After a mixed classification loss function and a mixed position loss function are obtained respectively, the two functions are combined to obtain a final loss function. The calculation principle of the final loss function is shown in fig. 2, where classification loss 1 represents the classification loss of the first data (picture 1), classification loss 2 represents the classification loss of the second data (picture 2), regression loss 1 represents the position loss of the first data, and regression loss 2 represents the position loss of the second data.
In one embodiment, S6 includes:
s6.1: randomly selecting a series of data from the expanded data set;
s6.2: inputting the obtained series of data into an object detection neural network to obtain a corresponding prediction result, and obtaining a loss value of the actual result and the prediction result through a target mixed loss function;
s6.3: parameters of the entire network are updated using back propagation.
Specifically, the objective is to minimize an objective loss function, a partial derivative is calculated for each hyper-parameter, a gradient of the current round can be obtained, then the loss function is updated in a direction opposite to the gradient, and the global optimal solution of the hyper-parameter, that is, the optimal model parameter, can be obtained by continuously performing iterative update.
Generally, the object detection network hybrid training method based on the dynamic parameters, provided by the invention, alleviates the data memory problem of the detection network and improves the generalization of the detection network on a test set. By constructing mixed data, the data set is expanded to a certain degree, and the linear relation among different types of data is additionally added, so that the expressive force of the model is improved. And through the setting of the dynamic mixing parameters, the training difficulty of the mixing training method on the detection network is reduced, and the training process is smoothed, so that the optimal model is obtained more easily. Compared with other training methods, the trained model has better generalization.
Example two
Based on the same inventive concept, the present embodiment provides a dynamic intensity-based object detection neural network hybrid training system, please refer to fig. 3, which includes:
a neural network construction module 201, configured to construct an object detection neural network, and initialize all parameters of the object detection neural network;
the data preprocessing module 202 is configured to acquire original training data and preprocess the original training data, where the original training data includes image data and tag data, and the tag data includes category information and position information of all tagged objects in an image;
the data mixing module 203 is configured to obtain a dynamic mixing parameter, randomly select first data and second data from the preprocessed training data, mix the selected first data and second data with the dynamic mixing parameter as a mixing intensity adjustment parameter, and obtain a mixed data pair, where the mixed data pair includes mixed image data, tag data corresponding to the first data, and tag data corresponding to the second data;
an extended data set obtaining module 204, configured to obtain an extended data set based on the mixed data pair;
a loss function setting module 205, configured to set a target mixed loss function according to the mixed data in the expanded data set, the tag data corresponding to the first data, and the tag data corresponding to the second data, where the target mixed loss function includes a classification loss and a position loss;
and the training module 206 is configured to train the object detection neural network by using the expanded data set as training data and combining a mixed loss function and using a random gradient descent method, so as to obtain a trained object detection neural network.

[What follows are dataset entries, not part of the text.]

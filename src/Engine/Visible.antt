-- ===== src/Engine/Visible.antt =====
-- Which entry a path of the Workspace shows: `base_is_visible` and `find_visible_entry_layer` of
-- src/core/workspace_engine.cpp, and `getattr` and `readlink`, which report it.
use tribios_vfs.Common.{
  ◌==◌, ℕ, zero, suc, ◌+◌, Bool, true, false, List, [], ◌∷◌, Bytes, bytes_eq, is_empty, length,
  Option, none, some, ◌||◌, if◌then◌else◌,
}
use tribios_vfs.Paths.{parent_of, normalize_relative}
use tribios_vfs.Engine.Host.{
  eio, Node, Tree, file_type, is_lnk, lstat, enoent, einval, Host, host_read, Result, ok, fail,
}
use tribios_vfs.Engine.Inode.{salted_workspace_inode}
use tribios_vfs.Engine.State.{Engine, Attr}

-- `tombstones_.contains(path)`.
unfoldable pub contains : List Bytes → Bytes → Bool
unfolding bytes_eq
contains [] path = false
contains (t ∷ ts) path = bytes_eq t path || contains ts path

-- The walk from a path to the root; a path has no more ancestors than bytes.
unfoldable pub no_tombstone : ℕ → List Bytes → Bytes → Bool
unfolding parent_of contains
no_tombstone zero ts path = true
no_tombstone (suc n) ts path =
    if is_empty path
    then true
    else if contains ts path
    then false
    else no_tombstone n ts (parent_of path)

unfoldable pub base_is_visible : List Bytes → Bytes → Bool
unfolding no_tombstone
base_is_visible ts relative = no_tombstone (length relative) ts relative

-- `Layer` with the `struct stat` that the source returns beside it.
pub data Found : Type 0 where
  missing : Found
  in_upper : Node → Found
  in_base : Node → Found

unfoldable pub found_in_base : Option Node → Found
found_in_base none = missing
found_in_base (some n) = in_base n

unfoldable pub found_in : Option Node → Bool → Option Node → Found
found_in (some n) visible below = in_upper n
found_in none true below = found_in_base below
found_in none false below = missing

-- What the trees and the tombstones show at a path.
unfoldable pub find_entry : Tree → Tree → List Bytes → Bytes → Found
find_entry upper base ts relative =
    found_in (lstat upper relative) (base_is_visible ts relative) (lstat base relative)

unfoldable pub find_visible_entry_layer : Engine → Bytes → Found
find_visible_entry_layer e relative = find_entry e.upper e.base e.tombstones relative

abbrev pub workspace_inode_for : Engine → ℕ → ℕ
workspace_inode_for e ino = salted_workspace_inode e.inode_salt ino

abbrev pub attr_from_stat : Node → ℕ → Bool → Attr
attr_from_stat n ino from_upper = record {
  ino = ino;
  mode = file_type n.kind + n.mode;
  size = length n.body;
  mtime = n.mtime;
  atime = n.atime;
  from_upper = from_upper;
}

unfoldable pub attr_of : Engine → Found → Result Attr
attr_of e missing = fail enoent
attr_of e (in_upper n) = ok (attr_from_stat n (workspace_inode_for e n.ino) true)
attr_of e (in_base n) = ok (attr_from_stat n (workspace_inode_for e n.ino) false)

unfoldable pub getattr : Engine → Bytes → Result Attr
getattr e path = attr_of e (find_visible_entry_layer e (normalize_relative path))

unfoldable pub target_of : Host → Node → Result Bytes
target_of h n =
    if is_lnk n.kind then (if h.fault host_read == 0 then ok n.body else fail eio) else fail einval

unfoldable pub link_of : Host → Found → Result Bytes
link_of h missing = fail enoent
link_of h (in_upper n) = target_of h n
link_of h (in_base n) = target_of h n

unfoldable pub readlink : Host → Engine → Bytes → Result Bytes
readlink h e path = link_of h (find_visible_entry_layer e (normalize_relative path))
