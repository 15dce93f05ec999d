-- ===== src/Engine/Listing.antt =====
-- Merged directory listings and their cache: `merge_visible_directory_entries`,
-- `forget_cached_directory_entries` and `readdir` of src/core/workspace_engine.cpp.
use tribios_vfs.Common.{
  ℕ, ◌+◌, Bool, true, false, List, [], ◌∷◌, ◌++◌, Bytes, bytes_eq, starts_with, Option, none, some,
  ◌==◌, ◌||◌, ◌&&◌, not, if◌then◌else◌,
}
use tribios_vfs.Paths.{slash, parent_of, join_relative, normalize_relative}
use tribios_vfs.Store.Workspaces.{bytes_lt}
use tribios_vfs.Engine.Host.{
  Node, Tree, file_type, is_dir, children, enoent, enotdir, Host, Result, ok, fail,
}
use tribios_vfs.Engine.State.{Engine, DirEntry}
use tribios_vfs.Engine.Visible.{
  contains, base_is_visible, Found, missing, in_upper, in_base, find_visible_entry_layer,
  workspace_inode_for,
}

-- The entry that a listing reports: the type alone where the host reports types, else the whole mode.
unfoldable pub listed : Host → ℕ → Bytes → Node → DirEntry
listed h ino name n = record {
  name = name;
  ino = ino;
  mode =
      if (n.ino == 0) || not h.reports_types then file_type n.kind + n.mode else file_type n.kind;
}

-- `entries[name] = entry` on a map that is ordered by name.
unfoldable pub put_entry : DirEntry → List DirEntry → List DirEntry
put_entry x [] = x ∷ []
put_entry x (y ∷ ys) =
    let rest = put_entry x ys in
    if bytes_eq x.name y.name
    then x ∷ ys
    else if bytes_lt x.name y.name
    then x ∷ y ∷ ys
    else y ∷ rest

-- `merge_directory`: a filtered name is skipped.
unfoldable pub merge_directory : Host → Engine → Bytes → Bool → Tree → List DirEntry → List DirEntry
merge_directory h e relative filtered [] entries = entries
merge_directory h e relative filtered ((name, n) ∷ t) entries =
    merge_directory h e relative filtered t (
      if filtered && contains e.tombstones (join_relative relative name)
      then entries
      else put_entry (listed h (workspace_inode_for e n.ino) name n) entries)

unfoldable pub merge_visible_directory_entries : Host → Engine → Bytes → List DirEntry
merge_visible_directory_entries h e relative =
    merge_directory h e relative false (children e.upper relative) (
      if base_is_visible e.tombstones relative
      then merge_directory h e relative true (children e.base relative) []
      else [])

-- The listings that a mutation of `relative` drops.
unfoldable pub is_forgotten : Bytes → Bytes → Bool
is_forgotten relative k =
    bytes_eq k (parent_of relative) || bytes_eq k relative || starts_with (relative ++ slash ∷ []) k

unfoldable pub forget : Bytes → List (Bytes × List DirEntry) → List (Bytes × List DirEntry)
forget relative [] = []
forget relative ((k, v) ∷ cache) =
    let rest = forget relative cache in if is_forgotten relative k then rest else (k, v) ∷ rest

unfoldable pub forget_cached_directory_entries : Bytes → Engine → Engine
forget_cached_directory_entries relative e = record e { cache = forget relative e.cache }

unfoldable pub cached : Bytes → List (Bytes × List DirEntry) → Option (List DirEntry)
cached relative [] = none
cached relative ((k, v) ∷ cache) = if bytes_eq k relative then some v else cached relative cache

-- A listing that is not cached is merged, and put into the cache.
unfoldable pub list_node : Host → Engine → Bytes → Node → Result (List DirEntry) × Engine
list_node h e relative n =
    let out = merge_visible_directory_entries h e relative in
    if is_dir n.kind
    then (ok out, record e { cache = (relative, out) ∷ e.cache })
    else (fail enotdir, e)

unfoldable pub list_found : Host → Engine → Bytes → Found → Result (List DirEntry) × Engine
list_found h e relative missing = (fail enoent, e)
list_found h e relative (in_upper n) = list_node h e relative n
list_found h e relative (in_base n) = list_node h e relative n

unfoldable pub list_directory :
    Host → Engine → Bytes → Option (List DirEntry) → Result (List DirEntry) × Engine
list_directory h e relative (some entries) = (ok entries, e)
list_directory h e relative none = list_found h e relative (find_visible_entry_layer e relative)

unfoldable pub readdir : Host → Engine → Bytes → Result (List DirEntry) × Engine
readdir h e path =
    let relative = normalize_relative path in list_directory h e relative (cached relative e.cache)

Since the system described in the second embodiment of the present invention is a system adopted for implementing the dynamic strength-based object detection neural network hybrid training method in the first embodiment of the present invention, a person skilled in the art can understand the specific structure and deformation of the system based on the method described in the first embodiment of the present invention, and thus details are not described herein again. All systems adopted by the method of the first embodiment of the present invention are within the intended protection scope of the present invention.
EXAMPLE III
Referring to fig. 4, based on the same inventive concept, the present application further provides a computer readable storage medium 300, on which a computer program 311 is stored, which when executed, implements the method as described in the first embodiment.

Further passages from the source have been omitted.